This NASA image shows the formation of numerous glacial lakes at the termini of receding glaciers in Bhutan-Himalaya.The Himalayas and other mountain chains of central Asia support large regions that are glaciated. These glaciers provide critical water supplies to arid countries such as Mongolia, western China, Pakistan and Afghanistan. As is true with other glaciers worldwide, the glaciers of Asia are experiencing a rapid decline in mass. The loss of these glaciers would have a tremendous impact on the ecosystem of the region.

In the Wakhan Corridor of Afghanistan 28 of 30 glaciers examined retreated significantly during the 1976-2003 period, the average retreat was 11 meters per year (Haritashya). One of these glaciers the Zemestan Glacier has retreated 460 m during this period, not quite 10% of its 5.2 km length.(Pelto7) In examining 612 glaciers in China between 1950 and 1970, 53% of the glaciers studied were retreating. After 1990, 95% of these glaciers were measured to be retreating, indicating that retreat of these glaciers was becoming more widespread.(Rai, Guring, et alia) Glaciers in the Mount Everest region of the Himalayas are all in a state of retreat. The Rongbuk Glacier, draining the north side of Mount Everest into Tibet, has been retreating 20 m (66 ft) per year. In the Khumbu region of Nepal along the front of the main Himalaya of 15 glaciers examined from 1976-2007 all retreated significantly, average retreat was 28 m per year (Bajracjarya). The most famous of these Khumbu Glacier retreated at a rate of 18 m per year from 1976-2007(Bajracjarya). In India the Gangotri Glacier, retreated 34 m (110 ft) per year between 1970 and 1996, and has averaged a loss of 30 m (98 ft) per year since 2000. However, the glacier is still over 30 km (19 mi) long. In 2005 the Tehri Dam was finished on the Bhagirathi River, it is a 2400 mw facility that began producing hydropower in 2006. The headwaters of the Bhagirathi River is the Gangotri and Khatling Glacier, Garhwal Himalaya. Gangotri Glacier has retreated 1 km in the last 30 years, and with an area of 286 km2 provides up to 190 m3/second (Singh et. al., 2006). For the Indian Himalaya retreat ranged from -19 meters per year for 17 glaciers all retreating (Haritashya2). In Sikkim all 21 glaciers examined were retreating at an average rate of 20 m per year (Raina). For the 51 glaciers in the main Himalayan Range of India, Nepal and Sikkim all 51 are retreating, at an average rate of 23 m per year. In the Karokoram Range of the Himalaya there is a mix of advancing and retreating glaciers with 18 advancing and 22 retreating during the 1980-2003 period.
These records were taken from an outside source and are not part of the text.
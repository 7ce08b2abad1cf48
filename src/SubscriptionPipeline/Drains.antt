-- ===== src/SubscriptionPipeline/Drains.antt =====
-- What a drain leaves of the queue, and what other tasks can do to it meanwhile.
use egress_apikey.Prelude.{
  ℕ, suc, ◌+◌, ◌≤◌, ◌<◌, ◌≡◌, refl, sym, ap, ◌∙◌, Bool, true, false, not, String, Option, none,
  some, List, [], ◌∷◌, length, count, All, All-append, length-append, count-append, leb, ◌==◌,
  if◌then◌else◌, if_elim, arith, Bool-cases, inl, inr, eq_iff, eq_refl,
}
use egress_apikey.SubscriptionPipeline.{
  PipelineReport, first_error, QueueEntry, Queue, max_attempts, max_queue, EstablishEvent, enqueue,
  remove_first, named, is_due, due_count,
}
use egress_apikey.SubscriptionPipeline.Drain.{
  kept, due, reschedule, requeue, enqueue_all, drain_events, drain, drive_due,
}
use egress_apikey.SubscriptionPipeline.Queue.{IsSane, IsQueue}

count-split :
    (p : QueueEntry → Bool) (now : ℕ) (q : Queue)
    → count p (due now q) + count p (kept now q) ≡ count p q
count-split p now [] = refl
count-split p now (e ∷ q) = ground (arith, count-split p now q)

length-split : (now : ℕ) (q : Queue) → length (due now q) + length (kept now q) ≡ length q
length-split now [] = refl
length-split now (e ∷ q) = ground (arith, length-split now q)

All-kept : (now : ℕ) (q : Queue) → All IsSane q → All IsSane (kept now q)
All-kept now [] h = tt
All-kept now (e ∷ q) h =
    if_elim (All IsSane) (not (is_due now e)) (λ _. (h.0, All-kept now q h.1))
      (λ _. All-kept now q h.1)

-- An event that is run has attempts left.
abbrev pub IsReady : QueueEntry → Type 0
IsReady e = (e.attempts < max_attempts) × (e.failed ≡ false)

ready : (e : QueueEntry) (now : ℕ) → IsSane e → is_due now e ≡ true → IsReady e
ready e now (parked, bound) h = ground arith

pub All-due : (now : ℕ) (q : Queue) → All IsSane q → All IsReady (due now q)
All-due now [] h = tt
All-due now (e ∷ q) h =
    if_elim (All IsReady) (is_due now e) (λ d. (ready e now h.0 d, All-due now q h.1))
      (λ _. All-due now q h.1)

reschedule-IsSane :
    (now : ℕ) (e : QueueEntry) (reason : String) → IsReady e → IsSane (reschedule now e reason)
unfolding reschedule
reschedule-IsSane now e reason (left, free) =
    if_elim IsSane (leb max_attempts (e.attempts + 1)) (λ p. (sym p, omega arith))
      (λ p. (free ∙ sym p, omega arith))

named-reschedule :
    (name : String) (now : ℕ) (e : QueueEntry) (reason : String)
    → named name (reschedule now e reason) ≡ named name e
unfolding reschedule
named-reschedule name now e reason =
    if_elim (λ (x : QueueEntry). named name x ≡ named name e) (leb max_attempts (e.attempts + 1))
      (λ _. refl) (λ _. refl)

count-requeue :
    (name : String) (now : ℕ) (e : QueueEntry) (o : Option String) (q : Queue)
    → count (named name) (requeue now e o q) ≤ count (named name) (e ∷ []) + count (named name) q
unfolding requeue
count-requeue name now e none q = omega arith
count-requeue name now e (some reason) q =
    let pushed = count-append (named name) q (reschedule now e reason ∷ []) in
    let same = ap {B = ℕ} (λ b. if b then 1 else 0) (named-reschedule name now e reason) in
    omega (arith, pushed, same)

length-requeue :
    (now : ℕ) (e : QueueEntry) (o : Option String) (q : Queue)
    → length (requeue now e o q) ≤ suc (length q)
unfolding requeue
length-requeue now e none q = omega arith
length-requeue now e (some reason) q = omega (arith, length-append q (reschedule now e reason ∷ []))

requeue-All :
    (now : ℕ) (e : QueueEntry) (o : Option String) (q : Queue)
    → IsReady e
    → All IsSane q
    → All IsSane (requeue now e o q)
unfolding requeue
requeue-All now e none q h k = k
requeue-All now e (some reason) q h k =
    All-append IsSane q (reschedule now e reason ∷ []) k (reschedule-IsSane now e reason h, tt)

module _ {World : Type 0} (run : QueueEntry → World → PipelineReport × World)
    (others : World → List EstablishEvent) where
  drain_events-IsQueue :
      (now : ℕ) (events : List QueueEntry) (q : Queue) (w : World)
      → ((v : World) → others v ≡ [])
      → All IsReady events
      → ((name : String) → count (named name) events + count (named name) q ≤ 1)
      → length events + length q ≤ max_queue
      → All IsSane q
      → IsQueue (drain_events run others now events q w).0.1
  unfolding drain_events enqueue_all
  drain_events-IsQueue now [] q w quiet h unique bound sane =
      (λ name. omega (arith, unique name), omega (arith, bound), sane)
  drain_events-IsQueue now (e ∷ events) q w quiet h unique bound sane =
      let o = first_error (run e w).0 in
      rw (quiet (run e w).1) (
        drain_events-IsQueue now events (requeue now e o q) (run e w).1 quiet h.1
          (λ name. omega (arith, count-requeue name now e o q, unique name))
          (omega (arith, length-requeue now e o q, bound)) (requeue-All now e o q h.0 sane))

  -- A drain during which no other task enqueues keeps the queue: at most one entry to a name, at
  -- most 64 entries, each parked exactly when its five attempts are spent.
  pub drain-IsQueue :
      (now : ℕ) (q : Queue) (w : World)
      → ((v : World) → others v ≡ [])
      → IsQueue q
      → IsQueue (drain run others now q w).0.1
  unfolding drain
  drain-IsQueue now q w quiet (unique, bound, sane) =
      drain_events-IsQueue now (due now q) (kept now q) w quiet (All-due now q sane)
        (λ name. omega (arith, count-split (named name) now q, unique name))
        (omega (arith, length-split now q, bound)) (All-kept now q sane)

  due-none : (now : ℕ) (q : Queue) → count (is_due now) q ≡ 0 → (due now q ≡ []) × (kept now q ≡ q)
  due-none now [] h = (refl, refl)
  due-none now (e ∷ q) h = elim (Bool-cases (is_due now e)) [
    | inl d ↦ absurd (omega (arith, h, ap {B = ℕ} (λ b. if b then 1 else 0) d))
    | inr d ↦
        let one = ap {B = ℕ} (λ b. if b then 1 else 0) d in
        let (a, b) = due-none now q (omega (arith, h, one)) in (rw d a, rw d (ap (λ r. e ∷ r) b))
  ]

  -- The driver's gate changes nothing: with or without it, reports, queue and world are the same.
  pub drive_due-drain :
      (now : ℕ) (q : Queue) (w : World) → drive_due run others now q w ≡ drain run others now q w
  unfolding drive_due due_count drain drain_events
  drive_due-drain now q w = elim (Bool-cases (count (is_due now) q == 0)) [
    | inl e ↦ let (a, b) = due-none now q (ground arith) in rw e (rw a (rw b refl))
    | inr e ↦ rw e
  ]

  -- Where the one due event of a queue that holds nothing else fails, and another task enqueues its
  -- name once while it runs, the drain leaves that name in the queue twice.
  pub drain-duplicates :
      (now : ℕ) (e : QueueEntry) (again : EstablishEvent) (w : World) {reason : String}
      → is_due now e ≡ true
      → again.subscription ≡ e.subscription
      → first_error (run e w).0 ≡ some reason
      → others (run e w).1 ≡ again ∷ []
      → count (named e.subscription) (drain run others now (e ∷ []) w).0.1 ≡ 2
  unfolding drain drain_events enqueue_all enqueue remove_first requeue
  drain-duplicates now e again w {reason} d same failed_run meanwhile = rw d (
      rw meanwhile (
        rw failed_run (
          omega (
            arith,
            ap {B = ℕ} (λ b. if b then 1 else 0)
                (named-reschedule e.subscription now e reason ∙ eq_refl e.subscription),
            ap {B = ℕ} (λ b. if b then 1 else 0)
                ((eq_iff again.subscription e.subscription).1 same),
          ))))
Many of the advancing Karokoram glaciers are surging. (Haritashya2)

With the retreat of glaciers in the Himalayas, a number of glacial lakes have been created. A growing concern is the potential for Glacial Lake Outburst Floods—researchers estimate 20 glacial lakes in Nepal and 24 in Bhutan pose hazards to human populations should their terminal moraine dams fail. One glacial lake identified as potentially hazardous is Bhutan's Raphstreng Tsho, which measured 1.6 km (0.99 mi) long, .96 m (0.00096 km) wide and was 80 m (260 ft) deep in 1986. By 1995 the lake had swollen to a length of 1.94 km (1.21 mi), 1.13 km (0.70 mi) in width and a depth of 107 m (350 ft). In 1994 a GLOF from Luggye Tsho, a glacial lake adjacent to Raphstreng Tsho, killed 23 people downstream.(UNEP)

Glaciers in the Ak-shirak Range in Kyrgyzstan experienced a slight loss between 1943 and 1977 and an accelerated loss of 20% of their remaining mass between 1977 and 2001.(Khromova, Dyurgerov and Barry) In the Tien Shan mountains, which Kyrgyzstan shares with China and Kazakhstan, studies in the northern areas of that mountain range show that the glaciers that help supply water to this arid region have been losing nearly 2 km3 (0.48 cu mi) of ice per year between 1955 and 2000. The University of Oxford study also reported that an average of 1.28% of the volume of these glaciers had been lost per year between 1974 and 1990.(Kirby)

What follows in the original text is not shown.